Di sektor pertanian, Kecamatan Sungai Raya dikenal sebagai penghasil utama cabai dan kunyit di Kubu Raya. Tanaman cabai diusahakan oleh sekitar 565 rumah tangga pertanian di kecamatan ini, sementara untuk kunyit, Sungai Raya menjadi sentra terbesar dengan 265 rumah tangga. Anggrek pun hanya dibudidayakan di kecamatan ini dalam skala kabupaten, menjadikannya komoditas hortikultura yang cukup unik di kawasan perkotaan.
Serdam: Kawasan Sungai Raya Dalam Jadi Pusat Kuliner Kalbar
Perkembangan paling menonjol di Sungai Raya belakangan ini datang dari kawasan Sungai Raya Dalam, yang populer disebut Serdam. Pada 20 Desember 2025, kawasan ini resmi ditetapkan sebagai Pusat Kuliner Kalimantan Barat oleh Wakil Gubernur Kalbar Krisantus Kurniawan bersama Bupati Kubu Raya Sujiwo.
Saat ini Serdam menampung enam titik kuliner utama dengan sekitar 180 pelaku UMKM, dan ditargetkan berkembang hingga 15 titik ke depan. Pilihan kulinernya luas, dari mi tiaw, nasi bakar, ayam goreng, dan pulut kelapa kedelai khas Kalbar, hingga dim sum, pempek, dan makanan kekinian lainnya. Sekitar 80 persen pelaku UMKM di Serdam sudah bertransaksi via QRIS, dengan target 100 persen transaksi non-tunai dalam waktu dekat.
Kawasan ini juga tengah melalui penataan infrastruktur senilai Rp58 miliar untuk turap, pedestrian, dan jogging track, dengan tambahan anggaran Rp15 miliar untuk tahap berikutnya.

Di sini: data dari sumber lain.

-- ===== src/Skills/Tests.antt =====
-- A skill with its tools, and runs of it, for the theorems on skills.
use orion_dock.Prelude.{
  not_both, min, String, ◌≡◌, refl, ◌↔◌, true, false, Option, none, some, List, [], ◌∷◌, ◌++◌, map,
  Elem, is_char_boundary, lookup,
}
use Prim.Native.String.{len}
use orion_dock.Skills.Manifest.{
  SkillId, SkillManifest, NetworkPermission, FileSystemPermission, MemoryPermission, Permission,
  network, file_system, memory, shell_execute, verified, agent_built, untrusted,
}
use orion_dock.Skills.Failure.{timeout, unknown, kind_key}
use orion_dock.Skills.Failure.Keys.{kind, subject, kind_key-eq_iff, kind_key-panics_iff}
use orion_dock.Skills.Sandbox.{
  new, AuditActionKind, network_request, file_read, file_write, memory_access, SkillSandbox,
  default_limits, for_tier, filter_permissions, check_permission_inner,
}
use orion_dock.Skills.Sandbox.Grants.{Grants, check_permission_inner_iff}
use orion_dock.Skills.Sandbox.Tiers.{
  tier_sandbox, checks, judged, filter_permissions_iff, check_permission_inner-tier_order,
  untrusted_confined, audit_log-checks,
}
use orion_dock.Skills.Registry.{ok, err, Skill, SkillRegistry, ToolDescriptor, register, get_skill}
use orion_dock.Skills.Registry.Laws.{get_skill-register}
use orion_dock.Skills.Executor.{
  Run, SkillExecutor, ToolOutput, ToolParams, execute, find_tool, denial,
}
use orion_dock.Skills.Executor.Audited.{Asks, AsksFirst, Granted}
use orion_dock.Skills.Executor.Guards.{execute-denied}

abbrev asked : List Permission
asked =
    network (NetworkPermission.domains ("example.com" ∷ []))
    ∷ file_system (FileSystemPermission.read ("/data" ∷ []))
    ∷ shell_execute
    ∷ []

abbrev manifest : SkillManifest String
manifest = record {
  id = record { text = "s" };
  name = "S";
  version = "1";
  description = "";
  license = none;
  category = "";
  keywords = [];
  runtime = "Native";
  min_orion_version = "0";
  platforms = [];
  capabilities = [];
  permissions = asked;
  secrets = [];
  config_defaults = λ k. none;
}

abbrev tool : String → String → ToolDescriptor String
tool name domain = record {
  name = name;
  description = "";
  parameters = "";
  returns = "";
  cost_estimate = record { latency_ms = 1; network_bound = true; token_cost = none };
  required_permissions = network (NetworkPermission.domains (domain ∷ [])) ∷ [];
  autonomous = true;
  requires_confirmation = false;
}

abbrev skill : Skill String
skill = record {
  manifest = manifest;
  tools = tool "get" "example.com" ∷ tool "leak" "evil.org" ∷ [];
}

abbrev registry : SkillRegistry String
registry = record {
  skills = ("s", record { skill = skill; manifest = manifest; trust_tier = untrusted }) ∷ [];
  poisoned = false;
  skill_paths = [];
  secrets = none;
}

abbrev executor : SkillExecutor String
executor = record { registry = registry; permits = 10; closed = false; limits_override = none }

abbrev answer : ToolOutput String
answer = record {
  success = true;
  payload = none;
  error = none;
  structured_failure = none;
  metadata = "";
}

abbrev test_runner : Run String
test_runner = record {
  timeout = λ s ms name params context. some (ok answer);
  to_text = λ v. v;
  result_object = λ t. t;
}

abbrev no_params : ToolParams String
no_params = record { values = [] }

abbrev skill_id : SkillId
skill_id = record { text = "s" }

test_found : get_skill registry skill_id ≡ ok (skill, manifest, untrusted)
unfolding get_skill lookup
test_found = refl

test_tool : find_tool skill "leak" ≡ some (tool "leak" "evil.org")
unfolding find_tool
test_tool = refl

abbrev sandbox : SkillSandbox
sandbox = tier_sandbox skill_id asked untrusted (for_tier untrusted)

test_refused : check_permission_inner sandbox (network_request "evil.org") ≡ false
unfolding check_permission_inner new filter_permissions
test_refused = refl

test_no_grant : ¬ Granted asked untrusted "evil.org"
unfolding new
test_no_grant (p, listed, admitted, grants) =
    not_both
      ((check_permission_inner_iff sandbox (network_request "evil.org") refl).1
        (p, (filter_permissions_iff asked untrusted p).1 (listed, admitted), grants))
      test_refused

execute-denied_example :
    execute test_runner "r" executor skill_id "leak" no_params ≡ err (denial "leak" untrusted)
execute-denied_example =
    execute-denied test_runner "r" executor skill_id "leak" no_params "evil.org" test_found
      test_tool (AsksFirst.at_head _ [] (Asks.first_domain "evil.org" [])) test_no_grant

check_permission_inner_iff_example :
    (check_permission_inner sandbox (network_request "api.example.com") ≡ true) ↔ (
      (p : Permission) × Elem p sandbox.granted_permissions
      × Grants (network_request "api.example.com") p)
check_permission_inner_iff_example =
    check_permission_inner_iff sandbox (network_request "api.example.com") refl

check_permission_inner-tier_order_example :
    (check_permission_inner
          (tier_sandbox skill_id asked untrusted default_limits)
          (file_read "/data/x")
        ≡ true
      → check_permission_inner
          (tier_sandbox skill_id asked agent_built default_limits)
          (file_read "/data/x")
        ≡ true)
    × (check_permission_inner
            (tier_sandbox skill_id asked agent_built default_limits)
            (file_read "/data/x")
          ≡ true
        → check_permission_inner
            (tier_sandbox skill_id asked verified default_limits)
            (file_read "/data/x")
          ≡ true)
check_permission_inner-tier_order_example =
    check_permission_inner-tier_order skill_id asked default_limits (file_read "/data/x")

untrusted_confined_example :
    ((path : String)
      → check_permission_inner
          (tier_sandbox skill_id asked untrusted default_limits)
          (file_read path)
        ≡ false)
    × ((path : String)
        → check_permission_inner
            (tier_sandbox skill_id asked untrusted default_limits)
            (file_write path)
          ≡ false)
    × ((ns : Option String)
        → check_permission_inner
            (tier_sandbox skill_id asked untrusted default_limits)
            (memory_access ns)
          ≡ true
        → Elem (memory MemoryPermission.read_only) asked)
untrusted_confined_example = untrusted_confined skill_id asked default_limits

abbrev actions : List AuditActionKind
actions = file_read "/data/x" ∷ network_request "evil.org" ∷ []

audit_log-checks_example :
    (checks sandbox actions).audit_log ≡ sandbox.audit_log ++ map (judged sandbox) actions
audit_log-checks_example = audit_log-checks sandbox actions

test_register :
    get_skill (register registry (record { text = "t" }) skill).0 (record { text = "t" })
    ≡ ok (skill, skill.manifest, untrusted)
test_register = get_skill-register registry (record { text = "t" }) skill refl

abbrev key : String
key = "timeout:read"

test_key : kind_key (timeout 5 "read") ≡ some key
unfolding kind_key
test_key = refl

test_other_key : kind_key (timeout 9 "read") ≡ some key
unfolding kind_key
test_other_key = refl

kind_key-eq_iff_example : (key ≡ key) ↔ (
    (kind (timeout 5 "read") ≡ kind (timeout 9 "read"))
    × (subject (timeout 5 "read") ≡ subject (timeout 9 "read")))
kind_key-eq_iff_example =
    kind_key-eq_iff (timeout 5 "read") (timeout 9 "read") test_key test_other_key

kind_key-panics_iff_example : (kind_key (unknown "it failed") ≡ none) ↔ (
    (msg : String) × (unknown "it failed" ≡ unknown msg)
    × (is_char_boundary msg (min (len msg) 50) ≡ false))
kind_key-panics_iff_example = kind_key-panics_iff (unknown "it failed")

Posisi Serdam yang berada di perbatasan Kubu Raya dan Kota Pontianak menjadikannya kawasan strategis yang bisa melayani warga dari dua wilayah administratif sekaligus.
Sungai Raya terus berkembang, dan sebagian besar perubahan itu terjadi dalam tempo cepat. Dari sebuah kecamatan yang terbentuk definitif baru pada 2001, wilayah ini kini menjadi salah satu kawasan dengan pertumbuhan penduduk dan ekonomi tercepat di Kalimantan Barat. Bagi siapa pun yang ingin memahami Kabupaten Kubu Raya, memahami Sungai Raya adalah titik awal yang tepat.